Both of those book shelf speakers have "claimed" frequency responses that are very, very close. I also fed both speakers the same exact lunch frequency wise and the same volume setting. 8 ohm speakers take more energy to drive than do 4 ohm speakers this is common knowledge in the audio world. Driving 8 ohm loads to the same volume as 4 ohm loads will require more power/consumption from the amplifier..


----------



## camaraderie (May 22, 2002)

SVCarolena said:


> We are also planning to add a sound system this year. Any suggestions on head units? I want something no more than $200 with a good iPod interface and remote (this will be mounted in the saloon). As for the speaker placement, I was thinking of two in the cockpit and two down below. If I go that route do I use the front and back speaker lines off the head unit for inside and outside?

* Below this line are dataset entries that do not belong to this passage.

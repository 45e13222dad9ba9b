-- ===== src/Shell/Messages.antt =====
-- project2/src/np_multi_proc/src/MessageManager.cpp: the queue of messages between the processes.
pub mod Model
pub mod Text
pub mod Round
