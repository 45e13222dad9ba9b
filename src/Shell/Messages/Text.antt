-- ===== src/Shell/Messages/Text.antt =====
-- What MessageManager writes to shared memory, and what it reads back.
use nycu_csic30091_netw.Prelude.{List, ap, ◌∙◌, ◌<◌, false, some, lt→ltb}
use nycu_csic30091_netw.Prelude.{[], ◌∷◌, ◌++◌, ◌≡◌, refl, ◌∙◌, length, append_assoc}
use nycu_csic30091_netw.Prelude.Bytes.{Bytes, Free}
use nycu_csic30091_netw.Cxx.Decimal.{to_string, to_string-Free, is_digit}
use nycu_csic30091_netw.Cxx.Numbers.{read_int-to_string}
use nycu_csic30091_netw.Cxx.Stream.{
  fields, fields-append, read_word, read_word-append, read_word-space,
}
use nycu_csic30091_netw.Cxx.Stream.{word_or_empty, skip_ws, skip_ws-word, is_space, IsWord}
use nycu_csic30091_netw.Cxx.Stream.{Free-append, NoSpace-Free, IsWord-NoSpace, before, before-all}
use nycu_csic30091_netw.Shell.Messages.Model.{
  Message, Queue, message_line, messages_text, read_message,
}
use nycu_csic30091_netw.Shell.Messages.Model.{read_messages, read_from_shared_memory, add_message}
use nycu_csic30091_netw.Shell.Messages.Model.{write_to_shared_memory, shm_size}

-- No white space at the front.
abbrev pub StartsPlain : Bytes → Type 0
StartsPlain [] = Unit {0}
StartsPlain (c ∷ s) = is_space c ≡ false

-- A kind that is a word, and a value on one line with no white space at its front.
pub record IsPlainMessage (m : Message) : Type 0 where
  pub kind_word : IsWord m.kind
  pub value_line : Free 10 m.value
  pub value_front : StartsPlain m.value

abbrev pub AllPlain : Queue → Type 0
AllPlain [] = Unit {0}
AllPlain (m ∷ q) = IsPlainMessage m × AllPlain q

read_value : (v : Bytes) → Free 10 v → StartsPlain v → before 10 (skip_ws (32 ∷ v)) ≡ v
read_value [] f h = unfold skip_ws before in refl
read_value (c ∷ v) f h = rw (drop_space v) (rw (skip_ws-word c v h) (before-all 10 (c ∷ v) f))
  where
    drop_space : (v : Bytes) → skip_ws (32 ∷ c ∷ v) ≡ skip_ws (c ∷ v)
    drop_space v = unfold skip_ws in refl

word_or_empty-kind : (k v : Bytes) → IsWord k → word_or_empty (32 ∷ (k ++ 32 ∷ v)) ≡ (k, 32 ∷ v)
word_or_empty-kind k v h =
    let word : read_word (32 ∷ (k ++ 32 ∷ v)) ≡ some (k, 32 ∷ v) =
      read_word-space (k ++ 32 ∷ v) ∙ read_word-append k v h in
    step (32 ∷ (k ++ 32 ∷ v)) (k, 32 ∷ v) word
  where
    step : (s : Bytes) (p : Bytes × Bytes) → read_word s ≡ some p → word_or_empty s ≡ p
    step s p e = unfold word_or_empty in rw (e, word_or_empty)

-- A line is read back as its message.
pub read_message-message_line :
    (m : Message) → IsPlainMessage m → read_message (message_line m) ≡ some m
unfolding read_message message_line
read_message-message_line m v =
    rw (read_int-to_string m.pid (m.kind ++ 32 ∷ m.value), read_message)
      (rw (word_or_empty-kind m.kind m.value v.kind_word)
        (rw (read_value m.value v.value_line v.value_front)))

Free-message_line : (m : Message) → IsPlainMessage m → Free 10 (message_line m)
unfolding message_line
Free-message_line m v =
    Free-append 10 (to_string m.pid) _ (to_string-Free 10 m.pid (unfold is_digit in refl)) (
      refl,
      Free-append 10 m.kind (32 ∷ m.value) (NoSpace-Free m.kind (IsWord-NoSpace _ v.kind_word))
          (refl, v.value_line),
    )

pub read-messages_text :
    (q : Queue) → AllPlain q → read_from_shared_memory (messages_text q) ≡ some q
unfolding read_from_shared_memory messages_text read_messages
read-messages_text [] v = unfold fields in refl
read-messages_text (m ∷ q) v =
    rw (fields-append 10 (message_line m) (messages_text q) (Free-message_line m v.0))
      (rw (read_message-message_line m v.0) (rw (read-messages_text q v.1)))

-- On the text of a queue of plain messages `addMessage` puts the message behind the others, as
-- long as the new text fits into the segment.
pub add_message_lem :
    (m : Message) (q : Queue)
    → AllPlain q
    → length (messages_text (q ++ m ∷ [])) < shm_size
    → add_message m (messages_text q) ≡ some (messages_text (q ++ m ∷ []))
unfolding add_message write_to_shared_memory
add_message_lem m q v h = rw (read-messages_text q v) (rw (lt→ltb _ _ h))

message_line-line_end :
    (m : Message) (v : Bytes)
    → message_line (record m { value = v ++ 10 ∷ [] }) ++ 10 ∷ []
      ≡ message_line (record m { value = v }) ++ 10 ∷ 10 ∷ []
unfolding message_line
message_line-line_end m v = simp append_assoc

-- Once a message is added to a queue of plain messages whose value, plain otherwise, ends in a line end, as
-- the values of `tell` do, the text has an empty line behind those of the messages.
pub fields-line_end :
    (m : Message) (v : Bytes) (q : Queue)
    → IsPlainMessage (record m { value = v })
    → AllPlain q
    → (lines : List Bytes) × (fields 10
          (messages_text (q ++ record m { value = v ++ 10 ∷ [] } ∷ []))
        ≡ lines ++ [] ∷ [])
      × (read_messages lines ≡ some (q ++ record m { value = v } ∷ []))
unfolding messages_text read_messages fields
fields-line_end m v [] p a = (
  message_line (record m { value = v }) ∷ [],
  rw (message_line-line_end m v)
      (fields-append 10 (message_line (record m { value = v })) (10 ∷ []) (Free-message_line _ p)),
  rw (read_message-message_line (record m { value = v }) p) refl,
)
fields-line_end m v (x ∷ q) p a =
    let (lines, split, read) = fields-line_end m v q p a.1 in
    (
      message_line x ∷ lines,
      fields-append 10 (message_line x) _ (Free-message_line x a.0)
          ∙ ap (◌∷◌ (message_line x)) split,
      rw (read_message-message_line x a.0) (rw read refl),
    )
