-- ===== src/Shell/Server/Told.antt =====
-- Who is told something.
use nycu_csic30091_netw.Prelude.{ℕ, Bool, not, ◌&&◌, [], ◌∷◌, ◌==◌, if◌then◌else◌, refl}
use nycu_csic30091_netw.Prelude.Bytes.{Bytes, Free}
use nycu_csic30091_netw.Cxx.Map.{Map}
use nycu_csic30091_netw.Cxx.Stream.{is_space}
use nycu_csic30091_netw.Shell.Users.Model.{User}
use nycu_csic30091_netw.Shell.Messages.Model.{Queue}
use nycu_csic30091_netw.Shell.Messages.Text.{IsPlainMessage, StartsPlain}
use nycu_csic30091_netw.Shell.Server.Model.{tell_message}

-- A message for each user in the order of the ids, without the sender where it is not included.
abbrev pub told : Bytes → Bool → ℕ → Map User → Queue
told text include_self self [] = []
told text include_self self ((k, u) ∷ m) =
    let rest = told text include_self self m in
    if not include_self && (u.pid == self) then rest else tell_message text u.pid ∷ rest

pub tell_message-IsPlainMessage :
    (text : Bytes) (pid : ℕ)
    → Free 10 text
    → StartsPlain text
    → IsPlainMessage (tell_message text pid)
unfolding is_space
tell_message-IsPlainMessage text pid f p = record {
  kind_word = (refl, (refl, (refl, (refl, tt))));
  value_line = f;
  value_front = p;
}
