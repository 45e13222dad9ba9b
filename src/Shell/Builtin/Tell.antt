-- ===== src/Shell/Builtin/Tell.antt =====
-- What `tell` does to the queue of messages.
use nycu_csic30091_netw.Prelude.{false, List, []}
use nycu_csic30091_netw.Prelude.Bytes.{Bytes}
use nycu_csic30091_netw.Cxx.Map.{Map}
use nycu_csic30091_netw.Shell.Users.Model.{User, users_text}
use nycu_csic30091_netw.Shell.Messages.Model.{Queue, messages_text}
use nycu_csic30091_netw.Shell.Builtin.Model.{Context}

abbrev pub context_of : Map User → Queue → List Bytes → Context
context_of m q d = record {
  shared = record { users = users_text m; messages = messages_text q; directory = d };
  env_map = [];
  exit_flag = false;
}
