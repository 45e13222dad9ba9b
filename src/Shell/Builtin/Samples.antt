-- ===== src/Shell/Builtin/Samples.antt =====
-- The search path of a shell, and a user who tells itself something.
use nycu_csic30091_netw.Prelude.{none, some, ◌≡◌, refl, [], ◌∷◌}
use nycu_csic30091_netw.Prelude.Bytes.{codes, Bytes}
use nycu_csic30091_netw.Cxx.Decimal.{read_number, digits_value, is_digit}
use nycu_csic30091_netw.Cxx.Map.{Map}
use nycu_csic30091_netw.Cxx.Stream.{is_space, skip_ws}
use nycu_csic30091_netw.Shell.Users
use nycu_csic30091_netw.Shell.Users.Model.{User}
use nycu_csic30091_netw.Shell.Users.Ids.{newcomer}
use nycu_csic30091_netw.Shell.Messages
use nycu_csic30091_netw.Shell.Builtin.Model.{negsuc, stoi, read_signed, tell_text}
use nycu_csic30091_netw.Cxx.TextMap.{TextMap}
use nycu_csic30091_netw.Shell.Builtin.Env.{Kept, find_kept}

abbrev sample_path : Kept
sample_path = record { name = codes "PATH"; original = codes "/bin"; value = codes "bin:." }

abbrev sample_vars : TextMap
sample_vars = (codes "PATH", codes "/bin") ∷ (codes "HOME", codes "/") ∷ []

no_other : find_kept (codes "PATH") [] ≡ none
unfolding find_kept
no_other = refl

abbrev talker : User
talker = newcomer 50 4 (codes "1:2") 1

abbrev one_user : Map User
one_user = (1, talker) ∷ []

abbrev told_text : Bytes
told_text = tell_text [] (codes "hi")

below_zero : stoi (codes "-12") ≡ some (negsuc 11)
unfolding stoi read_signed read_number skip_ws is_digit digits_value is_space
below_zero = refl
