-- ===== src/Shell/Messages/Round.antt =====
-- Which messages a round of MessageManager::run takes off the queue.
use nycu_csic30091_netw.Prelude.{ℕ, zero, suc, ◌-◌, ◌≤◌, ◌<◌, true, Option, none, some}
use nycu_csic30091_netw.Prelude.{List, [], ◌∷◌, ◌≡◌, ◌≢◌, refl, arith, ap, ◌∙◌, subst, drop}
use nycu_csic30091_netw.Prelude.{length, ◌>>=◌, >>=-eq-some, eq_of_some, Bool-cases, inl, inr, ◌==◌}
use nycu_csic30091_netw.Prelude.{if◌then◌else◌}
use nycu_csic30091_netw.Shell.Messages.Model.{
  Message, Queue, Effect, handle, Walk, step_walk, is_exit,
}
use nycu_csic30091_netw.Shell.Messages.Model.{walk, erase_at, erase_all, round}

abbrev count_up : ℕ → ℕ → List ℕ
count_up i zero = []
count_up i (suc k) = i ∷ count_up (suc i) k

erase_all-suc :
    (i k : ℕ) (m : Message) (q : Queue)
    → erase_all (count_up (suc i) k) (m ∷ q) ≡ (do r ← erase_all (count_up i k) q; some (m ∷ r))
unfolding erase_all erase_at
erase_all-suc i zero m q = refl
erase_all-suc i (suc k) m q =
    rw (erase_all-suc (suc i) k m q) (chain (erase_all (count_up (suc i) k) q))
  where
    chain :
        (o : Option Queue)
        → ((o >>= λ r. some (m ∷ r)) >>= λ q'. erase_at (suc i) q')
          ≡ ((o >>= λ q'. erase_at i q') >>= λ r. some (m ∷ r))
    chain none = refl
    chain (some r) = refl

-- Erasing the indices below `k`, the last one first, drops the first `k` messages.
erase_all-drop : (k : ℕ) (q : Queue) → k ≤ length q → erase_all (count_up 0 k) q ≡ some (drop k q)
unfolding erase_all erase_at
erase_all-drop zero q h = refl
erase_all-drop (suc k) [] h = absurd (omega arith)
erase_all-drop (suc k) (m ∷ q) h =
    rw (erase_all-suc 0 k m q) (rw (erase_all-drop k q (omega arith)))

-- The indices that a walk collects count the messages that it handled.
record IsCounted (idx : ℕ) (q : Queue) (w : Walk) : Type 0 where
  indices : w.remove_idx ≡ count_up idx (length w.effects)
  bounded : length w.effects ≤ length q

abbrev last_walk : Walk
last_walk = record { effects = []; remove_idx = []; exit_flag = true }

IsCounted-step :
    (idx : ℕ) (m : Message) (q : Queue) (e : Effect) (rest : Option Walk) (w : Walk)
    → ((w' : Walk) → rest ≡ some w' → IsCounted (suc idx) q w')
    → ((if is_exit e then some last_walk else rest) >>= λ w'. some (step_walk idx e w')) ≡ some w
    → IsCounted idx (m ∷ q) w
IsCounted-step idx m q e rest w ih h = elim (Bool-cases (is_exit e)) [
  | inl x ↦
      let end : Walk = record { effects = e ∷ []; remove_idx = idx ∷ []; exit_flag = true } in
      let done : end ≡ w = eq_of_some (rw x at h) in
      subst (IsCounted idx (m ∷ q)) done (record { indices = refl; bounded = omega arith })
  | inr x ↦
      let (w', r, done) = >>=-eq-some rest _ (rw x at h) in
      let i = ih w' r in
      subst (IsCounted idx (m ∷ q)) (eq_of_some done)
        (record { indices = ap (◌∷◌ idx) i.indices; bounded = omega (arith, i.bounded) })
]

walk-IsCounted : (pid idx : ℕ) (q : Queue) (w : Walk) → walk pid idx q ≡ some w → IsCounted idx q w
unfolding walk
walk-IsCounted pid idx [] w e =
    subst (IsCounted idx []) (eq_of_some e) (record { indices = refl; bounded = omega arith })
walk-IsCounted pid idx (m ∷ q) w e = elim (Bool-cases (m.pid == pid)) [
  | inr other ↦
      let i = walk-IsCounted pid idx q w (rw other at e) in
      record { indices = i.indices; bounded = omega (arith, i.bounded) }
  | inl own ↦
      let (f, _, h) = >>=-eq-some (handle m) _ (rw own at e) in
      IsCounted-step idx m q f (walk pid (suc idx) q) w (walk-IsCounted pid (suc idx) q) h
]

-- A round whose walk over the queue comes to a result takes as many messages off the queue as it
-- handled, and it takes them off the front, whichever they are.
pub round-drop :
    (pid : ℕ) (q : Queue) (w : Walk)
    → walk pid 0 q ≡ some w
    → round pid q ≡ some (w, drop (length w.effects) q)
unfolding round
round-drop pid q w e =
    let c = walk-IsCounted pid 0 q w e in
    rw e (rw c.indices (rw (erase_all-drop (length w.effects) q c.bounded)))

walk-foreign : (pid : ℕ) (m : Message) (q : Queue) → m.pid ≢ pid → walk pid 0 (m ∷ q) ≡ walk pid 0 q
unfolding walk
walk-foreign pid m q h = ground arith

-- If the first message is for another process, and the walk over the others comes to a result and
-- handles some, then a round drops the first message without handling it: its effects are those of
-- the queue behind, of which it takes off one message less than it handled.
pub round_loses_foreign :
    (pid : ℕ) (m : Message) (q : Queue) (w : Walk)
    → m.pid ≢ pid
    → walk pid 0 q ≡ some w
    → 0 < length w.effects
    → round pid (m ∷ q) ≡ some (w, drop (length w.effects - 1) q)
round_loses_foreign pid m q w h e n =
    round-drop pid (m ∷ q) w (walk-foreign pid m q h ∙ e)
    ∙ ap (λ s. some (w, s)) (shift (length w.effects) n)
  where
    shift : (k : ℕ) → 0 < k → drop k (m ∷ q) ≡ drop (k - 1) q
    shift zero n = absurd (omega arith)
    shift (suc k) n = let e : suc k - 1 ≡ k = omega arith in rw e
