-- ===== src/Shell/Parser.antt =====
-- project2/src/np_multi_proc/src/Parser.cpp: a command line becomes commands with their arguments
-- and operators.
pub mod Model
pub mod Total
pub mod Operators
pub mod Shape
pub mod Printed
pub mod Print
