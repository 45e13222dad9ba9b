-- ===== src/Shell/Parser/Model.antt =====
-- Parser::parse of project2/src/np_multi_proc/src/Parser.cpp. The same file stands in np_single_proc.
use nycu_csic30091_netw.Prelude.{ℕ, zero, suc, ◌+◌, Bool, true, false, Option, none, some}
use nycu_csic30091_netw.Prelude.{List, [], ◌∷◌, ◌++◌, if◌then◌else◌, ◌>>=◌, length}
use nycu_csic30091_netw.Prelude.Bytes.{Bytes, codes, str_eq}
use nycu_csic30091_netw.Cxx.Regex.{compile, regex_match}
use nycu_csic30091_netw.Cxx.Stream.{read_word, word_or_empty, skip_ws, before, after}

pub record Command : Type 0 where
  pub command : Bytes
  pub args : List Bytes
  pub operators : List Bytes

abbrev pub operator_types : List Bytes
operator_types =
    codes "\\|"
    ∷ codes "\\|[1-9][0-9]*"
    ∷ codes "\\![1-9][0-9]*"
    ∷ codes "<[1-9][0-9]*"
    ∷ codes ">[1-9][0-9]*"
    ∷ codes ">"
    ∷ []

abbrev pub one_arg_commands : List Bytes
one_arg_commands = codes "yell" ∷ []

abbrev pub two_arg_commands : List Bytes
two_arg_commands = codes "tell" ∷ []

-- The loop of isOperator, isOneArgCommand and isTwoArgCommand over their patterns.
unfoldable pub matches_any : List Bytes → Bytes → Bool
unfolding compile regex_match
matches_any [] token = false
matches_any (pat ∷ pats) token =
    let rest = matches_any pats token in
    elim (compile pat) [ none ↦ rest | some items ↦ if regex_match items token then true else rest ]

unfoldable pub is_operator : Bytes → Bool
unfolding matches_any
is_operator token = matches_any operator_types token

unfoldable pub is_one_arg_command : Bytes → Bool
unfolding matches_any
is_one_arg_command command = matches_any one_arg_commands command

unfoldable pub is_two_arg_command : Bytes → Bool
unfolding matches_any
is_two_arg_command command = matches_any two_arg_commands command

-- The local variables of `parse`; `new_command` is the field `command` of newCommand.
pub record State : Type 0 where
  pub command : Bytes
  pub operators : List Bytes
  pub args : List Bytes
  pub new_command : Bytes
  pub commands : List Command

abbrev pub init : State
init = record { command = []; operators = []; args = []; new_command = []; commands = [] }

abbrev pub pending : State → Command
pending st = record { command = st.new_command; args = st.args; operators = st.operators }

-- The command that is being read, if any, goes to the result.
unfoldable pub flush : State → State
flush st = if str_eq st.new_command [] then st else record st {
  commands = st.commands ++ pending st ∷ [];
  new_command = [];
  args = [];
  operators = [];
}

unfoldable pub on_operator : Bytes → State → State
on_operator token st = record st { operators = st.operators ++ token ∷ []; command = [] }

unfoldable pub on_argument : Bytes → State → State
on_argument token st = record st { args = st.args ++ token ∷ [] }

-- A word where a command is due; `yell` and `tell` take the rest of the line as it stands.
unfoldable pub on_command : Bytes → Bytes → State → Bytes × State
on_command token rest st =
    let st' = record (flush st) { command = token; new_command = token } in
    if is_one_arg_command token
    then (after 10 (skip_ws rest), record st' { args = st'.args ++ before 10 (skip_ws rest) ∷ [] })
    else if is_two_arg_command token
    then (let (arg1, rest') = word_or_empty rest in
        (
          after 10 (skip_ws rest'),
          record st' { args = st'.args ++ arg1 ∷ before 10 (skip_ws rest') ∷ [] },
        ))
    else (rest, st')

-- The body of the loop: what is left of the stream, and the new state.
unfoldable pub body : Bytes → Bytes → State → Bytes × State
body token rest st =
    if is_operator token
    then (rest, on_operator token st)
    else if str_eq st.command []
    then on_command token rest st
    else (rest, on_argument token st)

-- `while (iss >> token)`; `none` means that the fuel ran out.
unfoldable pub loop : ℕ → Bytes → State → Option State
loop zero s st = none
loop (suc f) s st = elim (read_word s) [
  | none ↦ some st
  | some (token, rest) ↦ let (rest', st') = body token rest st in loop f rest' st'
]

unfoldable pub parse : Bytes → Option (List Command)
unfolding loop flush read_word body is_operator on_operator on_argument on_command str_eq
    is_one_arg_command is_two_arg_command skip_ws before after word_or_empty
parse s = do st ← loop (length s + 1) s init; some (flush st).commands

I'm gonna recommend the Kenwood 592...Does everything you want, has good amplifier section. Controls Ipod and takes usb inputs as well. It is 60 bucks off and down to $140 right now at Crutchfield and I think it is a hell of a deal compared to other stuff at that price point. 









Kenwood Excelon KDC-X592 CD receiver at Crutchfield.com

And YES...you use the fader control to play upstairs and downstairs speakers individually or both together. One set gets wired as "front" the other as "rear".


----------



## camaraderie (May 22, 2002)

Val...I agree entirely with your last post! Spot on.


----------



## Maine Sail (Jan 6, 2003)

camaraderie said:


> 1. Impedence is nominal...and not static and it varies by frequency, often wildly.


Yes fully aware of that.



camaraderie said:


> 2. SPL should be measured at 1W/at one meter ON AXIS on ONE speaker to be compared. SPL has NOTHING to do with Impedence OR Sound Quality.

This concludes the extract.